**RECORDS**
-- ===== src/Symbols/Program.antt =====
-- The scoping rules of a whole program.
use calynda_for_wii.Symbols.Declared.{top_symbols}
use calynda_for_wii.Symbols.Whole.{no_clash}
use calynda_for_wii.Symbols.Added.{imports_of}
use calynda_for_wii.Symbols.Frames.{entry_of}
use calynda_for_wii.Symbols.Scoping.{
  names_expression, names_body, names_under, ◌▹◌, provided, Frame, Names,
}
use calynda_for_wii.Symbols.Ast.{
  top_level_extern, top_level_union, top_level_binding, top_level_boot, top_level_start, AstProgram,
  AstTopLevelDecl,
}
use calynda_for_wii.Base.{Option, some, List, [], ◌∷◌, map}

-- What a program says of its names before its bodies are read.
abbrev pub imported_names : AstProgram → Names
imported_names program = record {
  imports = map entry_of (imports_of program.imports (some 0));
  resolved = [];
  unresolved = [];
}

-- All the top-level names are visible in every body, also before their declaration.
abbrev pub top_frame : AstProgram → Frame
top_frame program = map entry_of (top_symbols 0 program.top_level_decls)

unfoldable pub names_decl : AstTopLevelDecl → List Frame → Names → Option Names
names_decl (top_level_start decl) env n = names_under decl.parameters (names_body decl.body) env n
names_decl (top_level_boot decl) env n = names_under decl.parameters (names_body decl.body) env n
names_decl (top_level_binding decl) env n = names_expression decl.initializer env n
names_decl (top_level_union decl) env n = some n
names_decl (top_level_extern decl) env n = some n

unfoldable pub names_decls : List AstTopLevelDecl → List Frame → Names → Option Names
names_decls [] env n = some n
names_decls (decl ∷ decls) env n = names_decl decl env n ▹ names_decls decls env

unfoldable pub names_program : AstProgram → Option Names
names_program program =
    provided (no_clash program) (imported_names program)
    ▹ names_decls program.top_level_decls (top_frame program ∷ [])
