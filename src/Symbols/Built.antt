-- ===== src/Symbols/Built.antt =====
-- The table of a program against its scoping rules.
use calynda_for_wii.Symbols.Refines.{Follows}
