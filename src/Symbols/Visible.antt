-- ===== src/Symbols/Visible.antt =====
-- Which symbol a name stands for in a scope.
use calynda_for_wii.Base.{
  ◌+◌, ℕ, zero, suc, ◌≤◌, Bool, true, ◌&&◌, Option, none, some, List, [], ◌∷◌, ltb, length, get_or,
  Bytes, ◌≡◌, ◌↔◌, inl, inr, refl, ap, ◌∙◌, arith, Option-cases,
}
use calynda_for_wii.Symbols.State.{Symbol, SymbolTable, Scope}
use calynda_for_wii.Symbols.Core.{scope_at, zero_scope}
use calynda_for_wii.Symbols.Query.{
  or_else, scope_lookup_local, symbol_table_find_import, st_lookup_in_scopes, symbol_table_lookup,
}

-- The name stands for the symbol: the scope has it, or does not and its parent resolves it; outside
-- all scopes, the imports do.
pub data Resolves (table : SymbolTable) (name : Bytes) : Option ℕ → Symbol → Type 0 where
  imported :
      {s : Symbol} → symbol_table_find_import table name ≡ some s → Resolves table name none s
  own :
      {i : ℕ} {s : Symbol}
      → scope_lookup_local table i name ≡ some s
      → Resolves table name (some i) s
  outer :
      {i : ℕ} {s : Symbol}
      → scope_lookup_local table i name ≡ none
      → Resolves table name (scope_at table i).parent s
      → Resolves table name (some i) s

-- A scope below this number, or none.
abbrev pub is_below : ℕ → Option ℕ → Bool
is_below n none = true
is_below n (some i) = ltb i n

-- The parent of every scope was made before it; the first of these scopes is number `k`.
abbrev pub parents_below : ℕ → List Scope → Bool
parents_below k [] = true
parents_below k (s ∷ scopes) = is_below k s.parent && parents_below (suc k) scopes

parent_below :
    (k i : ℕ) (scopes : List Scope)
    → parents_below k scopes ≡ true
    → is_below (k + i) (get_or scopes i zero_scope).parent ≡ true
parent_below k i [] h = refl
parent_below k zero (s ∷ scopes) h =
    let same : k + 0 ≡ k = omega arith in rw same (ground (arith, h))
parent_below k (suc i) (s ∷ scopes) h =
    let same : k + suc i ≡ suc k + i = omega arith in
    rw same (parent_below (suc k) i scopes (ground (arith, h)))

is_below-more :
    (m n : ℕ) (scope : Option ℕ) → is_below m scope ≡ true → m ≤ n → is_below n scope ≡ true
is_below-more m n none h k = refl
is_below-more m n (some i) h k = ground arith

next_below :
    (table : SymbolTable) (fuel i : ℕ)
    → parents_below 0 table.scopes ≡ true
    → ltb i (suc fuel) ≡ true
    → is_below fuel (scope_at table i).parent ≡ true
next_below table fuel i h below =
    let at : is_below i (scope_at table i).parent ≡ true =
      let same : 0 + i ≡ i = omega arith in rw same at (parent_below 0 i table.scopes h) in
    is_below-more i fuel (scope_at table i).parent at (ground (arith, below))

resolve_step :
    (table : SymbolTable) (name : Bytes) (fuel i : ℕ) (s : Symbol) (rest : Option Symbol)
    → scope_lookup_local table i name ≡ none
    → or_else (or_else (scope_lookup_local table i name) rest) (symbol_table_find_import table name)
      ≡ or_else rest (symbol_table_find_import table name)
resolve_step table name fuel i s rest e = rw e refl

lookup_sound :
    (fuel : ℕ) (table : SymbolTable) (scope : Option ℕ) (name : Bytes) (s : Symbol)
    → parents_below 0 table.scopes ≡ true
    → is_below fuel scope ≡ true
    → or_else (st_lookup_in_scopes fuel table scope name) (symbol_table_find_import table name)
      ≡ some s
    → Resolves table name scope s
unfolding st_lookup_in_scopes
lookup_sound fuel table none name s h below e = imported e
lookup_sound zero table (some i) name s h below e = absurd (ground arith)
lookup_sound (suc fuel) table (some i) name s h below e =
    elim (Option-cases (scope_lookup_local table i name)) [
      | inr (t, found) ↦ let same : t ≡ s = cc (rw found at e) in own (found ∙ ap some same)
      | inl missing ↦ outer missing (
          lookup_sound fuel table (scope_at table i).parent name s h
            (next_below table fuel i h below) (rw missing at e))
    ]

lookup_complete :
    (fuel : ℕ) (table : SymbolTable) (scope : Option ℕ) (name : Bytes) (s : Symbol)
    → parents_below 0 table.scopes ≡ true
    → is_below fuel scope ≡ true
    → Resolves table name scope s
    → or_else (st_lookup_in_scopes fuel table scope name) (symbol_table_find_import table name)
      ≡ some s
unfolding st_lookup_in_scopes
lookup_complete fuel table none name s h below (imported e) = e
lookup_complete zero table (some i) name s h below r = absurd (ground arith)
lookup_complete (suc fuel) table (some i) name s h below (own e) = rw e refl
lookup_complete (suc fuel) table (some i) name s h below (outer missing r) = rw missing (
    lookup_complete fuel table (scope_at table i).parent name s h (next_below table fuel i h below)
      r)

-- Where the parent of every scope was made before it, the look-up of a name gives a symbol exactly
-- where the name stands for it: the innermost scope around that declares the name decides, and the
-- imports only where no scope does.
pub symbol_table_lookup-Resolves :
    (table : SymbolTable) (scope : Option ℕ) (name : Bytes) (s : Symbol)
    → parents_below 0 table.scopes ≡ true
    → is_below (length table.scopes) scope ≡ true
    → (symbol_table_lookup table scope name ≡ some s) ↔ Resolves table name scope s
unfolding symbol_table_lookup
symbol_table_lookup-Resolves table scope name s h below = (
  lookup_sound (length table.scopes) table scope name s h below,
  lookup_complete (length table.scopes) table scope name s h below,
)
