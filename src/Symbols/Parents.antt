-- ===== src/Symbols/Parents.antt =====
-- The operations on scopes keep the parent of every scope older than the scope.
use calynda_for_wii.Base.{
  ℕ, zero, suc, ◌+◌, true, ◌&&◌, Option, none, some, List, [], ◌∷◌, ◌++◌, length, get_or, set, ◌≡◌,
  refl, ap, ◌∙◌, arith,
}
use calynda_for_wii.Symbols.State.{Symbol, SymbolTable, Scope, ScopeKind}
use calynda_for_wii.Symbols.Core.{
  zero_scope, st_scope_new, st_append_scope_child, append_to_parent, st_scope_append_symbol,
}
use calynda_for_wii.Symbols.Visible.{is_below, parents_below}

set-parents_below :
    (k i : ℕ) (scopes : List Scope) (new : Scope)
    → new.parent ≡ (get_or scopes i zero_scope).parent
    → parents_below k (set scopes i new) ≡ parents_below k scopes
set-parents_below k i [] new e = refl
set-parents_below k zero (s ∷ scopes) new e = rw e refl
set-parents_below k (suc i) (s ∷ scopes) new e =
    ap (λ b. is_below k s.parent && b) (set-parents_below (suc k) i scopes new e)

snoc-parents_below :
    (k : ℕ) (scopes : List Scope) (new : Scope)
    → parents_below k scopes ≡ true
    → is_below (k + length scopes) new.parent ≡ true
    → parents_below k (scopes ++ new ∷ []) ≡ true
snoc-parents_below k [] new h below =
    let same : k + 0 ≡ k = omega arith in rw (rw same at below) refl
snoc-parents_below k (s ∷ scopes) new h below =
    let same : k + suc (length scopes) ≡ suc k + length scopes = omega arith in
    ground (arith, h, snoc-parents_below (suc k) scopes new (ground (arith, h)) (rw same at below))

append_to_parent-parents_below :
    (parent : Option ℕ) (scope : ℕ) (table : SymbolTable)
    → parents_below 0 (append_to_parent parent scope table).scopes ≡ parents_below 0 table.scopes
unfolding st_append_scope_child
append_to_parent-parents_below none scope table = refl
append_to_parent-parents_below (some parent) scope table =
    set-parents_below 0 parent table.scopes _ refl

st_scope_new-parents_below :
    (kind : ScopeKind) (owner : ℕ) (parent : Option ℕ) (table : SymbolTable)
    → parents_below 0 table.scopes ≡ true
    → is_below (length table.scopes) parent ≡ true
    → parents_below 0 (st_scope_new kind owner parent table).0.scopes ≡ true
unfolding st_scope_new
st_scope_new-parents_below kind owner parent table h below =
    append_to_parent-parents_below parent (length table.scopes) _
    ∙ snoc-parents_below 0 table.scopes _ h
        (let same : 0 + length table.scopes ≡ length table.scopes = omega arith in rw same below)

st_scope_append_symbol-parents_below :
    (scope : ℕ) (symbol : Symbol) (table : SymbolTable)
    → parents_below 0 (st_scope_append_symbol scope symbol table).scopes
      ≡ parents_below 0 table.scopes
unfolding st_scope_append_symbol
st_scope_append_symbol-parents_below scope symbol table =
    set-parents_below 0 scope table.scopes _ refl
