-- ===== src/Symbols/Shadows.antt =====
-- What the declaration of a local binding changes.
use calynda_for_wii.Base.{
  ℕ, zero, suc, ◌<◌, true, false, Option, none, some, List, [], ◌∷◌, ◌++◌, ◌==◌, if◌then◌else◌,
  length, get_or-set, length-set, Bytes, bytes_eq, ◌≡◌, ◌⊎◌, inl, inr, refl, ap, ◌∙◌, arith,
  Bool-cases, Option-cases,
}
use calynda_for_wii.Symbols.Ast.{AstSourceSpan, AstLocalBindingStatement}
use calynda_for_wii.Symbols.State.{ErrorText, Symbol, SymbolTable, Scope}
use calynda_for_wii.Symbols.Core.{st_set_error_at, scope_at, zero_scope, st_scope_append_symbol}
use calynda_for_wii.Symbols.Query.{
  is_named, find_named, or_else, scope_lookup_local, symbol_table_lookup, st_lookup_in_scopes,
  symbol_table_find_import,
}
use calynda_for_wii.Symbols.Locals.{local_symbol, st_add_local_symbol}
use calynda_for_wii.Symbols.Added.{set_error-has_error}

-- The symbol, if it has this name.
abbrev pub if_named : Symbol → Bytes → Option Symbol
if_named s name = if is_named s.name name then some s else none

find_named-snoc :
    (l : List Symbol) (s : Symbol) (name : Bytes)
    → find_named (l ++ s ∷ []) name ≡ or_else (find_named l name) (if_named s name)
find_named-snoc [] s name = refl
find_named-snoc (t ∷ l) s name = elim (Bool-cases (is_named t.name name)) [
  | inl here ↦ rw here refl
  | inr other ↦ rw other (find_named-snoc l s name)
]

or_else-none : (o : Option Symbol) → o ≡ or_else o none
or_else-none none = refl
or_else-none (some s) = refl

-- What a look-up in one scope gives once a symbol is added to a scope.
append_symbol-lookup :
    (scope i : ℕ) (symbol : Symbol) (table : SymbolTable) (name : Bytes)
    → scope < length table.scopes
    → scope_lookup_local (st_scope_append_symbol scope symbol table) i name
      ≡ or_else
          (scope_lookup_local table i name)
          (if i == scope then if_named symbol name else none)
unfolding scope_lookup_local st_scope_append_symbol
append_symbol-lookup scope i symbol table name h =
    let old = scope_at table scope in
    let new : Scope = record old { symbols = old.symbols ++ symbol ∷ [] } in
    ap (λ s. find_named s.symbols name) (get_or-set table.scopes scope i new zero_scope h)
    ∙ elim (Bool-cases (i == scope)) [
      | inl e ↦
          let here : i ≡ scope = ground (arith, e) in
          rw (e, here) (find_named-snoc old.symbols symbol name)
      | inr e ↦ rw e (or_else-none (find_named (scope_at table i).symbols name))
    ]

-- A symbol of the scope itself is what a look-up from there gives.
lookup_own :
    (fuel : ℕ) (table : SymbolTable) (scope : ℕ) (name : Bytes) (s : Symbol)
    → 0 < fuel
    → scope_lookup_local table scope name ≡ some s
    → or_else
        (st_lookup_in_scopes fuel table (some scope) name)
        (symbol_table_find_import table name)
      ≡ some s
unfolding st_lookup_in_scopes
lookup_own zero table scope name s h e = absurd (omega (arith, h))
lookup_own (suc fuel) table scope name s h e = rw e refl

symbol_table_lookup_own :
    (table : SymbolTable) (scope : ℕ) (name : Bytes) (s : Symbol)
    → 0 < length table.scopes
    → scope_lookup_local table scope name ≡ some s
    → symbol_table_lookup table (some scope) name ≡ some s
unfolding symbol_table_lookup
symbol_table_lookup_own table scope name s h e =
    lookup_own (length table.scopes) table scope name s h e

append_symbol_keeps :
    (scope : ℕ) (symbol : Symbol) (table : SymbolTable)
    → (length (st_scope_append_symbol scope symbol table).scopes ≡ length table.scopes)
      × ((st_scope_append_symbol scope symbol table).imports ≡ table.imports)
unfolding st_scope_append_symbol
append_symbol_keeps scope symbol table = (length-set table.scopes scope _, refl)

bytes_eq_self : (name : Bytes) → bytes_eq name name ≡ true
bytes_eq_self [] = refl
bytes_eq_self (b ∷ name) = ground (arith, bytes_eq_self name)

found_own :
    (binding : AstLocalBindingStatement) (scope : ℕ)
    → or_else none
        (if scope == scope then if_named (local_symbol binding scope) binding.name else none)
      ≡ some (local_symbol binding scope)
found_own binding scope =
    let self : (scope == scope) ≡ true = ground arith in rw (self, bytes_eq_self binding.name) refl

set_error-scopes :
    (primary related : AstSourceSpan) (text : ErrorText) (table : SymbolTable)
    → (st_set_error_at primary related text table).scopes ≡ table.scopes
unfolding st_set_error_at
set_error-scopes primary related text table = ground arith

-- The binding is declared: a look-up from its scope gives it, and the look-up of a name in one scope
-- is as before, but that it may find the binding in its scope where it found nothing.
pub record IsShadowed (binding : AstLocalBindingStatement) (scope : ℕ) (before after : SymbolTable)
    : Type 0 where
  pub lookup_is :
      symbol_table_lookup after (some scope) binding.name ≡ some (local_symbol binding scope)
  pub others :
      (i : ℕ) (name : Bytes)
      → scope_lookup_local after i name
        ≡ or_else
            (scope_lookup_local before i name)
            (if i == scope then if_named (local_symbol binding scope) name else none)
  pub imports_are : after.imports ≡ before.imports

-- A local binding is declared exactly where its scope has no symbol of its name. Then a look-up of the
-- name from the scope gives the binding, and in every scope every name that was found is found as
-- before; otherwise the scopes stay as they are, and there is an error.
pub st_add_local_symbol-IsShadowed :
    (binding : AstLocalBindingStatement) (scope : ℕ) (table : SymbolTable)
    → scope < length table.scopes
    → ((scope_lookup_local table scope binding.name ≡ none)
        × (after : SymbolTable) × (st_add_local_symbol binding scope table ≡ (true, after))
        × IsShadowed binding scope table after)
      ⊎ ((s : Symbol) × (scope_lookup_local table scope binding.name ≡ some s)
          × ((st_add_local_symbol binding scope table).0 ≡ false)
          × ((st_add_local_symbol binding scope table).1.has_error ≡ true)
          × ((st_add_local_symbol binding scope table).1.scopes ≡ table.scopes))
unfolding st_add_local_symbol
st_add_local_symbol-IsShadowed binding scope table h =
    elim (Option-cases (scope_lookup_local table scope binding.name)) [
      | inl free ↦
          let symbol = local_symbol binding scope in
          let after = st_scope_append_symbol scope symbol table in
          let keeps = append_symbol_keeps scope symbol table in
          let others = λ (i : ℕ) (name : Bytes). append_symbol-lookup scope i symbol table name h in
          inl (
            free,
            after,
            rw free refl,
            record {
              lookup_is =
                  symbol_table_lookup_own after scope binding.name symbol
                    (omega (arith, keeps.0, h))
                    (others scope binding.name ∙ rw free (found_own binding scope));
              others = others;
              imports_are = keeps.1;
            },
          )
      | inr (s, used) ↦ inr (
        s,
        used,
        rw used refl,
        rw used (set_error-has_error _ _ _ table),
        rw used (set_error-scopes _ _ _ table),
      )
    ]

**DIRECTIONS FOR THIS TASK**
Find every line in the listing that has the string "parameters", then give the count by itself.

**RESPONSE**
2